According to a newly released report from NanoMarkets,
an industry analysis firm based here, organic electronics (OE) manufacturing
has advanced to a stage where companies are now capable of producing electronics
devices in volume that can compete with products offered by the traditional
semiconductor companies. These and other findings from the report, "The
Future of Organic Electronics Manufacturing," can be found at www.nanomarkets.net.
The OE manufacturing base is moving beyond just OLEDs. Plastic Logic has a
manufacturing facility that can produce about a million display backplanes each
year using organic transistors (OTFTs). Konarka has recently leased a former
Polaroid coating facility that will give it a capacity of up to 1 GW of solar
panel production annually, potentially putting Konarka in the top tier of solar
panel makers worldwide. According to NanoMarkets, manufacturing capacity for
all OE products is expected to grow from approximately 23 million m(2)/year
in 2011, to 42.9 million m(2)/year by 2014.
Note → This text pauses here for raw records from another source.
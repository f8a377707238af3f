-- ===== src/Pager/ExactlyOnce.antt =====
-- Sequences of pages, with their failures and retries.
use pxc_anonymizer.Prelude.{
  ◌≡◌, refl, ◌⊎◌, Bool, true, none, List, [], ◌++◌, length, arith, All, Bool-cases, inl, inr,
}
use pxc_anonymizer.Errors.{Err, plain, Result, ok, err, Result-cases}
use pxc_anonymizer.Sql.{Value, Server}
use pxc_anonymizer.Checkpoint.{Key, Progress, loaded}
use pxc_anonymizer.Checkpoint.Cursor.{Formats}
use pxc_anonymizer.Checkpoint.RoundTrip.{IsLossless, IsKeyValue}
use pxc_anonymizer.Pager.{Row, with_page_size, is_wrong_identity, validate, page_tx, process_page}
use pxc_anonymizer.Pager.Statements.{Table}
use pxc_anonymizer.Pager.Storage.{Entry, View, IsStorage}
use pxc_anonymizer.Pager.Updates.{Images}
use pxc_anonymizer.Pager.Rows.{IsKeyed}
use pxc_anonymizer.Pager.Border.{IsBorder}
use pxc_anonymizer.Pager.Resume.{page_tx-Outcome}

-- What can happen to a table during a run: `ProcessPage` is called on it, and the server does other
-- work that changes neither its rows nor its checkpoint row. A crash in the middle of `ProcessPage`
-- is a call in which every later request fails.
pub data Pages {C : Type 0} (S : Server C) (F : Formats) (t : Table) (k : Key)
    (transform : Row → Result (List Value)) (committed : C → View) (c : C) : C → Type 0 where
  start : Pages S F t k transform committed c c
  page :
      {d : C}
      → Pages S F t k transform committed c d
      → Pages S F t k transform committed c (process_page S F t k transform d).1
  elsewhere :
      {d : C} (d' : C)
      → Pages S F t k transform committed c d
      → committed d' ≡ committed d
      → Pages S F t k transform committed c d'

-- `ProcessPage` refuses its arguments and does nothing, or is its transaction.
process_page-cases :
    {C : Type 0} (S : Server C) (F : Formats) (t : Table) (k : Key)
    (transform : Row → Result (List Value)) (c : C)
    → (process_page S F t k transform c ≡ page_tx S (with_page_size t) transform F k c)
      ⊎ ((x : Err) × (process_page S F t k transform c ≡ (err x, c)))
unfolding process_page
process_page-cases S F t k transform c = elim (Result-cases (validate t)) [
  | inr (x, e) ↦ inr (x, ground arith)
  | inl (u, e) ↦ elim (Bool-cases (is_wrong_identity t k)) [
    | inl wrong ↦ inr (plain "page identity or transform is invalid", ground arith)
    | inr right ↦ inl (ground arith)
  ]
]

fresh-IsBorder :
    (F : Formats) (k : Key) (transform : Row → Result (List Value)) (ignored : Entry → Bool)
    (originals : List Entry) (v : View)
    → v.rows ≡ originals
    → v.saved ≡ none
    → IsBorder F k transform ignored originals v
unfolding loaded
fresh-IsBorder F k transform ignored originals v rows saved = record {
  gone = [];
  written = [];
  left = originals;
  original = refl;
  split = rows;
  images = tt;
  resumes = λ p h. ground arith;
}

module _ {C : Type 0} {S : Server C} (t : Table) {k : Key} {ignored : Entry → Bool}
    {committed pending : C → View} (L : IsStorage S (with_page_size t) k ignored committed pending)
    (F : Formats) (lossless : IsLossless F) (transform : Row → Result (List Value))
    (originals : List Entry)
    (shaped : All (IsKeyed (length (with_page_size t).primary_key)) originals)
    (keyed : All (λ e. All (IsKeyValue F) e.pk) originals) where
  process_page-Outcome :
      (c : C)
      → IsBorder F k transform ignored originals (committed c)
      → let r = process_page S F t k transform c in
        IsBorder F k transform ignored originals (committed r.1)
        × ((p : Progress)
            → r.0 ≡ ok p
            → p.done ≡ true
            → Images transform ignored originals (committed r.1).rows)
  process_page-Outcome c b = elim (process_page-cases S F t k transform c) [
    | inl e ↦ rw e (page_tx-Outcome L F lossless transform originals shaped keyed c b)
    | inr (x, e) ↦ rw e (b, λ p h d. absurd (cc))
  ]

  Pages-IsBorder :
      {c d : C}
      → IsBorder F k transform ignored originals (committed c)
      → Pages S F t k transform committed c d
      → IsBorder F k transform ignored originals (committed d)
  Pages-IsBorder b start = b
  Pages-IsBorder b (page {d} r) = (process_page-Outcome d (Pages-IsBorder b r)).0
  Pages-IsBorder b (elsewhere {d} d' r same) = rw same (Pages-IsBorder b r)

  -- From a table with its original rows and no checkpoint row, after any sequence of pages with any
  -- failures that the server's laws allow, the committed table is split by a border: the rows
  -- before it are, one for one, the images of the original rows (an ignored row unchanged, any
  -- other the transform of the original row), and the rows after it are the original ones.
  pub Pages-exactly_once :
      {c d : C}
      → (committed c).rows ≡ originals
      → (committed c).saved ≡ none
      → Pages S F t k transform committed c d
      → (gone : List Entry) × (written : List Entry) × (left : List Entry) × (originals
          ≡ gone ++ left)
        × ((committed d).rows ≡ written ++ left)
        × Images transform ignored gone written
  Pages-exactly_once {c} rows saved r =
      let b =
        Pages-IsBorder (fresh-IsBorder F k transform ignored originals (committed c) rows saved)
          r in
      (b.gone, b.written, b.left, b.original, b.split, b.images)

  -- When a page in such a sequence reports that the table is done, the committed table holds the
  -- images of all the original rows, in order, with none left out, added or transformed twice.
  pub done_complete :
      {c d : C} (p : Progress)
      → (committed c).rows ≡ originals
      → (committed c).saved ≡ none
      → Pages S F t k transform committed c d
      → (process_page S F t k transform d).0 ≡ ok p
      → p.done ≡ true
      → Images transform ignored originals (committed (process_page S F t k transform d).1).rows
  done_complete {c} {d} p rows saved r h finished =
      (process_page-Outcome d (
          Pages-IsBorder (fresh-IsBorder F k transform ignored originals (committed c) rows saved)
            r)).1
        p h finished
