-- ===== src/Pointer.antt =====
-- Pointer documents (internal/pointer/pointer.go): their validation, encoding and decoding. The library of
-- URLs and JSON are not part of the repository: they are parameters.
pub mod Fetch
use pxc_anonymizer.Prelude.{
  String, Bool, true, false, ◌&&◌, ◌||◌, ◌==◌, text_eq, nat_eq, ◌≡◌, refl, Option, none, some,
  if◌then◌else◌,
}
use pxc_anonymizer.Prelude.Int.{ℤ, pos, ltb_ℤ}
use pxc_anonymizer.Errors.{plain, Result, ok, err, refuse_if, ok_injective}

-- `Document`, with the parts that nothing here reads as one value of the type `X`.
pub record Document (X : Type 0) : Type 0 where
  pub name : String
  pub destination : String
  pub schema_version : ℤ
  pub endpoint_url : Option String  -- of its S3 part
  pub public_url : String
  pub rest : X

abbrev pub schema_version : ℤ
schema_version = pos 2

-- What is read of a URL that `url.Parse` has parsed.
pub record Url : Type 0 where
  pub scheme : String
  pub hostname : String
  pub has_user : Bool
  pub opaque_part : String
  pub path : String
  pub raw_path : String
  pub raw_query : String
  pub force_query : Bool
  pub fragment : String
  pub raw_fragment : String

-- What is asked of the URL library, of the regular expression `^s3://[^/]+/.+`, and of JSON on the plain
-- record: `unmarshal` fills in a document that is given, and `nothing` is the rest of an empty one.
pub record Wire (X T : Type 0) : Type 0 where
  pub parse : String → Option Url
  pub matches_destination : String → Bool
  pub marshal : Document X → T
  pub unmarshal : Document X → T → Option (Document X)
  pub nothing : X

abbrev pub is_good_host : Url → Bool
is_good_host u =
    if u.hostname == ""
      || u.has_user
      || (if u.opaque_part == "" then false else true)
      || (if u.raw_query == "" then false else true)
      || u.force_query
      || (if u.fragment == "" then false else true)
      || (if u.raw_fragment == "" then false else true)
    then false
    else true

-- `ParseURL` of objectstore.
abbrev pub parse_url : Bool → Option Url → Option Url
parse_url insecure none = none
parse_url insecure (some u) =
    if is_good_host u
    then if u.scheme == "https" || (insecure && u.scheme == "http") then some u else none
    else none

abbrev pub without_path : Option Url → Option Url
without_path none = none
without_path (some u) = if u.path == "" && u.raw_path == "" then some u else none

-- `ParseEndpoint` of objectstore.
abbrev pub parse_endpoint : Option Url → Option Url
parse_endpoint u = without_path (parse_url true u)

abbrev pub is_some : {A : Type 0} → Option A → Bool
is_some none = false
is_some (some a) = true

abbrev pub is_plain : Option Url → Bool
is_plain none = false
is_plain (some u) =
    if u.has_user
      || (if u.raw_query == "" then false else true)
      || u.force_query
      || (if u.fragment == "" then false else true)
    then false
    else true

module _ {X T : Type 0} (W : Wire X T) where
  abbrev pub is_bad_destination : String → Bool
  is_bad_destination text =
      if is_plain (W.parse text) && W.matches_destination text then false else true

  abbrev pub is_bad_endpoint : Option String → Bool
  is_bad_endpoint none = false
  is_bad_endpoint (some u) =
      if u == "" then false else if is_some (parse_endpoint (W.parse u)) then false else true

  abbrev pub is_bad_public_url : String → Bool
  is_bad_public_url u =
      if u == "" then false else if is_some (parse_url true (W.parse u)) then false else true

  -- `Validate`.
  unfoldable pub validate : Document X → Result (Unit {0})
  validate d = refuse_if (d.name == "") "pointer name is required" (
      refuse_if (is_bad_destination d.destination)
        "pointer destination must identify an s3 bucket and object"
        (refuse_if (ltb_ℤ d.schema_version (pos 1)) "pointer schemaVersion must be positive" (
          refuse_if (is_bad_endpoint d.endpoint_url) "pointer S3 endpoint URL is invalid"
            (refuse_if (is_bad_public_url d.public_url) "pointer public URL is invalid" (ok tt)))))

  abbrev pub second_version : Document X → Document X
  second_version d = record d { schema_version = schema_version }

  abbrev pub if_valid : {A : Type 0} → A → Result (Unit {0}) → Result A
  if_valid a (ok u) = ok a
  if_valid a (err e) = err e

  -- `MarshalJSON`, which is `Encode`.
  unfoldable pub encode : Document X → Result T
  encode d = if_valid (W.marshal (second_version d)) (validate (second_version d))

  abbrev pub decoded : Option (Document X) → Result (Document X)
  decoded none = err (plain "invalid JSON")
  decoded (some d) = if_valid d (validate d)

  -- The document that is filled in: a document without a version has the first one.
  abbrev pub unversioned : Document X
  unversioned = record {
    name = "";
    destination = "";
    schema_version = pos 1;
    endpoint_url = none;
    public_url = "";
    rest = W.nothing;
  }

  -- `UnmarshalJSON`, which is `Decode`.
  unfoldable pub decode : T → Result (Document X)
  decode text = decoded (W.unmarshal unversioned text)

  decoded-valid : (o : Option (Document X)) (d : Document X) → decoded o ≡ ok d → validate d ≡ ok tt
  decoded-valid none d h = absurd (cc)
  decoded-valid (some e) d h = checked (validate e) refl h
    where
      checked : (r : Result (Unit {0})) → validate e ≡ r → if_valid e r ≡ ok d → validate d ≡ ok tt
      checked (ok u) valid same = rw (ok_injective same) at valid
      checked (err x) valid same = absurd (cc)

  refused_or_not :
      (b : Bool) (m : String) (r : Result (Unit {0}))
      → refuse_if b m r ≡ ok tt
      → (b ≡ false) × (r ≡ ok tt)
  unfolding refuse_if
  refused_or_not true m r h = absurd (cc)
  refused_or_not false m r h = (refl, h)

  not_refused :
      (b : Bool) (m : String) (r : Result (Unit {0}))
      → b ≡ false
      → r ≡ ok tt
      → refuse_if b m r ≡ ok tt
  unfolding refuse_if
  not_refused b m r h k = rw h k

  second_version-valid : (d : Document X) → validate d ≡ ok tt → validate (second_version d) ≡ ok tt
  unfolding validate
  second_version-valid d h =
      let (named, h1) = refused_or_not _ _ _ h in
      let (placed, h2) = refused_or_not _ _ _ h1 in
      let (versioned, h3) = refused_or_not _ _ _ h2 in
      not_refused _ _ _ named (not_refused _ _ _ placed (not_refused _ _ _ refl h3))

  -- A document that is decoded, of whichever version of the schema, is valid, and can be published again:
  -- it is encoded without an error, in the second version and otherwise as it is.
  pub decoded-encodes :
      (text : T) (d : Document X)
      → decode text ≡ ok d
      → (validate d ≡ ok tt) × (encode d ≡ ok (W.marshal (second_version d)))
  unfolding decode encode
  decoded-encodes text d h =
      let valid = decoded-valid (W.unmarshal unversioned text) d h in
      (valid, rw (second_version-valid d valid) refl)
Innovations are making traditional thermal deposition techniques increasingly
effective in today's OE fab. This contrasts with the consensus of a few years
ago, which said that printing would soon become the wave of the future for fabricating
OE devices. New roll-to-roll vacuum equipment is increasing throughput, lowering
costs and making deposition more uniform. Organic vapor phase deposition (OVPD)
is improving on the traditional evaporation process by eliminating the need
for line-of-sight deposition. Thermal evaporation molecular jet (MoJET) printing
is bringing printing like control to thermal evaporation. Both OVPD and MoJET--by
depositing material uniformly one point at a time--simultaneously solve the
patterning, uniformity, and utilization problems inherent in typical vapor deposition.
NanoMarkets' new report claims that total sales of all equipment for OE applications
are expected to grow from $226 million in 2011, to $378.6 million in 2014.
The first wave of OE manufacturing utilized standard semiconductor and industrial
printing equipment. The next wave will use equipment designed for specific OE
devices, enabling lower manufacturing costs and higher device performance. Such
specialized processes also enable firms to build value through the development
of proprietary manufacturing processes. General Electric's new roll-to-roll
OLED lighting manufacturing process, for example, is specifically designed for
the requirements of white OLEDs providing these devices with improved color-rendering
index and air-stable encapsulation. Similarly, Sony has developed novel deposition
and patterning processes for flexible AMOLED displays.